TORY-LIBDEM Coalition plans to charge fees to immigrants and overseas visitors attending District General Hospital Accident and Emergency Departments were condemned by Unison yesterday.
‘The NHS is not there to act as border control and NHS workers are not there to act as an agency to verify British citizenship,’ a Unison spokesperson told News Line.
‘The NHS is there to treat sick people.
‘If people are sick then the NHS should do all in its power to help them.
‘If the government has issues with immigration it has to deal with those separately.’
However, the government has made clear charging at A&Es is just the start and it also plans to charge for other NHS services, such as minor surgery carried out by a GP and physiotherapy referred through a GP.
It also intends to introduce a new system for identifying and recording patients who it says should be charged for NHS services.
Health Minister Lord Howe yesterday made it clear that this is just the start of NHS charging, saying: ‘We know that we need to make changes across the NHS to better identify and charge visitors and migrants.
‘Introducing charging at primary care is the first step to achieving this. We are already looking at taking action and next year we will set out our detailed plans to clamp down on the abuse of our NHS.’
Shadow health minister Lord Hunt also supported NHS charging on behalf of the Labour Party leadership, only accusing the government of not doing it with sufficient efficiency.
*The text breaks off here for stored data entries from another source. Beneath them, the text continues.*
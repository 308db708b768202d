-- ===== src/Uci/Export/Parser/Total.antt =====
-- How many rounds the loops of the parser take.
use package.text.Mathlib.TextBridge.{of_list}
use foris_controller.Prelude.{
  ℕ, zero, suc, ◌≤◌, ◌<◌, String, ◌≡◌, refl, true, false, ◌||◌, Option, none, some, List, [], ◌∷◌,
  length, arith, insert,
}
use foris_controller.Exceptions.{Result, ok, err}
use foris_controller.Uci.{UciSection, UciData}
use foris_controller.Uci.Export.{Line, chars, splitlines}
use foris_controller.Uci.Export.Matching.{startswith, config_line, package_line}
use foris_controller.Uci.Export.Parser.{
  Options, with_line, parse_section, section_of, and_section, no_match, parse_package,
  parse_packages, read,
}

-- Lines are only taken away.
abbrev SectionLeaves : ℕ → Result (Options × List Line) → Type 0
SectionLeaves n (ok (options, rest)) = length rest ≤ n
SectionLeaves n (err e) = Unit

abbrev PackageLeaves : ℕ → Option (Result (List UciSection × List Line)) → Type 0
PackageLeaves n none = ⊥
PackageLeaves n (some (ok (sections, rest))) = length rest ≤ n
PackageLeaves n (some (err e)) = Unit

SectionLeaves-le :
    (m n : ℕ) (r : Result (Options × List Line)) → m ≤ n → SectionLeaves m r → SectionLeaves n r
SectionLeaves-le m n (ok (options, rest)) le h = omega arith
SectionLeaves-le m n (err e) le h = tt

PackageLeaves-le :
    (m n : ℕ) (r : Option (Result (List UciSection × List Line)))
    → m ≤ n
    → PackageLeaves m r
    → PackageLeaves n r
PackageLeaves-le m n none le h = h
PackageLeaves-le m n (some (ok (sections, rest))) le h = omega arith
PackageLeaves-le m n (some (err e)) le h = tt

parse_section-SectionLeaves :
    (lines : List Line) (result : Options)
    → SectionLeaves (length lines) (parse_section lines result)
unfolding parse_section
parse_section-SectionLeaves [] result = omega arith
parse_section-SectionLeaves (line ∷ lines) result =
    elim (startswith line "package" || startswith line "config")
      as (λ b. SectionLeaves (suc (length lines)) (elim b [
        | true ↦ ok (result, line ∷ lines)
        | false ↦ elim (with_line line result) [
          | err e ↦ err e
          | ok result' ↦ parse_section lines result'
        ]
      ])) [
        | true ↦ omega arith
        | false ↦
            elim (with_line line result)
              as (λ r.
                SectionLeaves (suc (length lines))
                  (elim r [ err e ↦ err e | ok result' ↦ parse_section lines result' ])) [
                    | err e ↦ tt
                    | ok result' ↦
                        SectionLeaves-le (length lines) (suc (length lines))
                          (parse_section lines result') (omega arith)
                          (parse_section-SectionLeaves lines result')
                  ]
      ]

and_section-PackageLeaves :
    (s : UciSection) (n : ℕ) (r : Option (Result (List UciSection × List Line)))
    → PackageLeaves n r
    → PackageLeaves n (and_section s r)
and_section-PackageLeaves s n none h = h
and_section-PackageLeaves s n (some (ok (sections, rest))) h = h
and_section-PackageLeaves s n (some (err e)) h = tt

-- After the options of a section, the rest of the package.
and_rest :
    (rounds n : ℕ) (names : Line × Line) (r : Result (Options × List Line))
    → SectionLeaves n r
    → ((rest : List Line) → length rest ≤ n → PackageLeaves n (parse_package rounds rest))
    → PackageLeaves n (elim r [
      | err e ↦ some (err e)
      | ok (options, rest) ↦
          and_section (section_of names.0 names.1 options) (parse_package rounds rest)
    ])
and_rest rounds n names (err e) h later = tt
and_rest rounds n names (ok (options, rest)) h later =
    and_section-PackageLeaves (section_of names.0 names.1 options) n (parse_package rounds rest)
      (later rest h)

and_config :
    (rounds n : ℕ) (o : Option (Line × Line)) (r : Result (Options × List Line))
    → SectionLeaves n r
    → ((rest : List Line) → length rest ≤ n → PackageLeaves n (parse_package rounds rest))
    → PackageLeaves (suc n) (elim o [
      | none ↦ some (err no_match)
      | some names ↦ elim r [
        | err e ↦ some (err e)
        | ok (options, rest) ↦
            and_section (section_of names.0 names.1 options) (parse_package rounds rest)
      ]
    ])
and_config rounds n none r h later = tt
and_config rounds n (some names) r h later =
    PackageLeaves-le n (suc n) _ (omega arith) (and_rest rounds n names r h later)

parse_package-PackageLeaves :
    (rounds : ℕ) (lines : List Line)
    → length lines < rounds
    → PackageLeaves (length lines) (parse_package rounds lines)
unfolding parse_package
parse_package-PackageLeaves zero lines h = absurd (omega arith)
parse_package-PackageLeaves (suc rounds) [] h = omega arith
parse_package-PackageLeaves (suc rounds) (line ∷ lines) h =
    let n : ℕ = length lines in
    let later : (rest : List Line) → length rest ≤ n → PackageLeaves n (parse_package rounds rest) =
      λ rest le.
        PackageLeaves-le (length rest) n (parse_package rounds rest) le
          (parse_package-PackageLeaves rounds rest (omega arith)) in
    elim (startswith line "config")
      as (λ b. PackageLeaves (suc n) (elim b [
        | true ↦ elim (config_line line) [
          | none ↦ some (err no_match)
          | some names ↦ elim (parse_section lines []) [
            | err e ↦ some (err e)
            | ok (options, rest) ↦
                and_section (section_of names.0 names.1 options) (parse_package rounds rest)
          ]
        ]
        | false ↦ elim (startswith line "package") [
          | true ↦ some (ok ([], line ∷ lines))
          | false ↦ parse_package rounds lines
        ]
      ])) [
        | true ↦
            and_config rounds n (config_line line) (parse_section lines [])
              (parse_section-SectionLeaves lines []) later
        | false ↦
            elim (startswith line "package")
              as (λ b. PackageLeaves (suc n) (elim b [
                | true ↦ some (ok ([], line ∷ lines))
                | false ↦ parse_package rounds lines
              ])) [
                | true ↦ omega arith
                | false ↦
                    PackageLeaves-le n (suc n) (parse_package rounds lines) (omega arith)
                      (later lines (omega arith))
              ]
      ]

-- After the sections of a package, the rest of the packages.
and_packages :
    (rounds n : ℕ) (line : Line) (result : UciData)
    (r : Option (Result (List UciSection × List Line)))
    → PackageLeaves n r
    → ((rest : List Line) (result' : UciData)
        → length rest ≤ n
        → (out : Result UciData) × (parse_packages rounds rest result' ≡ some out))
    → (out : Result UciData) × (elim r as (λ x. Option (Result UciData)) [
      | none ↦ none
      | some (err e) ↦ some (err e)
      | some (ok (sections, rest)) ↦ elim (package_line line) [
        | none ↦ some (err no_match)
        | some name ↦ parse_packages rounds rest (insert (of_list name) sections result)
      ]
    ]
        ≡ some out)
and_packages rounds n line result none h later = absurd h
and_packages rounds n line result (some (err e)) h later = (err e, refl)
and_packages rounds n line result (some (ok (sections, rest))) h later =
    elim (package_line line)
      as (λ o.
        (out : Result UciData) × (elim o as (λ x. Option (Result UciData)) [
          | none ↦ some (err no_match)
          | some name ↦ parse_packages rounds rest (insert (of_list name) sections result)
        ]
          ≡ some out)) [
            | none ↦ (err no_match, refl)
            | some name ↦ later rest (insert (of_list name) sections result) h
          ]

parse_packages_total :
    (rounds : ℕ) (lines : List Line) (result : UciData)
    → length lines < rounds
    → (out : Result UciData) × (parse_packages rounds lines result ≡ some out)
unfolding parse_packages
parse_packages_total zero lines result h = absurd (omega arith)
parse_packages_total (suc rounds) [] result h = (ok result, refl)
parse_packages_total (suc rounds) (line ∷ lines) result h =
    elim (startswith line "package")
      as (λ b.
        (out : Result UciData) × (elim b as (λ x. Option (Result UciData)) [
          | false ↦ parse_packages rounds lines result
          | true ↦ elim (parse_package (suc (length lines)) lines) [
            | none ↦ none
            | some (err e) ↦ some (err e)
            | some (ok (sections, rest)) ↦ elim (package_line line) [
              | none ↦ some (err no_match)
              | some name ↦ parse_packages rounds rest (insert (of_list name) sections result)
            ]
          ]
        ]
          ≡ some out)) [
            | false ↦ parse_packages_total rounds lines result (omega arith)
            | true ↦
                and_packages rounds (length lines) line result
                  (parse_package (suc (length lines)) lines)
                  (parse_package-PackageLeaves (suc (length lines)) lines (omega arith))
                  (λ rest result' le. parse_packages_total rounds rest result' (omega (arith, le)))
          ]

-- Whatever the text is, read returns or raises: its rounds are enough.
pub read_total : (output : String) → (out : Result UciData) × (read output ≡ some out)
unfolding read
read_total output =
    let lines = splitlines false (chars output) in
    parse_packages_total (suc (length lines)) lines [] (omega arith)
He said: ‘Labour is in favour of improving the recovery of costs from people with no entitlement to NHS treatment.
‘Rather than more grand-standing, the government needs to deliver practical, thought-through changes to make that happen.
‘Instead this out-of-touch government is left asking doctors and nurses to act as surrogate immigration officials.’
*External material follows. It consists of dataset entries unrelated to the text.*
-- ===== src/Uci/Export/Tests.antt =====
-- The parser on a small export, with a quote in a value and an anonymous section.
use package.text.Mathlib.TextBridge.{of_list}
use foris_controller.Prelude.{◌≡◌, refl, true, some, [], ◌∷◌, All, lookup, insert}
use foris_controller.Exceptions.{Result, ok}
use foris_controller.Uci.{text, items, UciSection, UciData}
use foris_controller.Uci.Export.{
  chars, is_space, is_break, convert_value, splitlines, split, join, strip, lstrip, rstrip,
}
use foris_controller.Uci.Export.Quoting.{quote, body}
use foris_controller.Uci.Export.Splitting.{IsLine, unlines}
use foris_controller.Uci.Export.Matching.{
  after, word, skip_spaces, ends_quoted, assignment, drop_quote, config_line, package_line, hex,
  anonymous_name,
}
use foris_controller.Uci.Export.Parser.{
  append_to, with_line, parse_section, parse_package, parse_packages, read,
}
use foris_controller.Uci.Export.Parser.Total.{read_total}
use foris_controller.Uci.Export.Parser.RoundTrip.{export_lines, IsSection, read-export_lines}

abbrev guest : UciSection
guest = record {
  type = "wifi-iface";
  name = "cfg0a3f2b";
  options = ("ssid", text "Tom'sNet") ∷ ("maclist", items ("AA" ∷ "BB" ∷ [])) ∷ [];
  anonymous = true;
}

abbrev wireless : UciData
wireless = ("wireless", guest ∷ []) ∷ []

unquoted : convert_value (chars "'Tom'\\''sNet'") ≡ chars "Tom'sNet"
unfolding convert_value split join strip lstrip rstrip
unquoted = refl

parsed :
    read
      "package wireless\n\nconfig wifi-iface 'cfg0a3f2b'\n\toption ssid 'Tom'\\''sNet'\n\tlist maclist 'AA'\n\tlist maclist 'BB'\n\n"
    ≡ some (ok wireless)
unfolding read after word skip_spaces ends_quoted assignment append_to with_line parse_section
    drop_quote config_line package_line hex anonymous_name parse_package parse_packages splitlines
    is_space is_break convert_value split join strip lstrip rstrip lookup insert
parsed = refl

guest-IsSection : IsSection guest
unfolding is_space anonymous_name hex after
guest-IsSection = record {
  type_IsName = (refl, refl);
  name_IsName = (refl, refl);
  printed = (((refl, refl), refl), (((refl, refl), (refl, (refl, tt))), tt));
  distinct = ((refl, tt), (tt, tt));
  by_name = refl;
}

wireless_lines : All IsLine (export_lines wireless)
unfolding is_break quote body
wireless_lines = (refl, (refl, (refl, (refl, (refl, (refl, (refl, tt)))))))

read-export_lines_example : read (of_list (unlines (export_lines wireless))) ≡ some (ok wireless)
read-export_lines_example =
    read-export_lines wireless (((refl, unfold is_space in refl), (guest-IsSection, tt)), tt)
      (tt, tt) wireless_lines

read_total_example : (out : Result UciData) × (read "package a b\n" ≡ some out)
read_total_example = read_total "package a b\n"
The Department of Health claimed that through ‘better charging’ £500m could be raised from overseas visitors’ and migrants’ use of the NHS every year.
The government has announced a £200-a-year levy on migrants from outside the European Economic Areaµ staying for between six months and five years.
Academics have argued that the extent of ‘health tourism’ has been hugely overstated and is responsible for only a small part of NHS expenditure.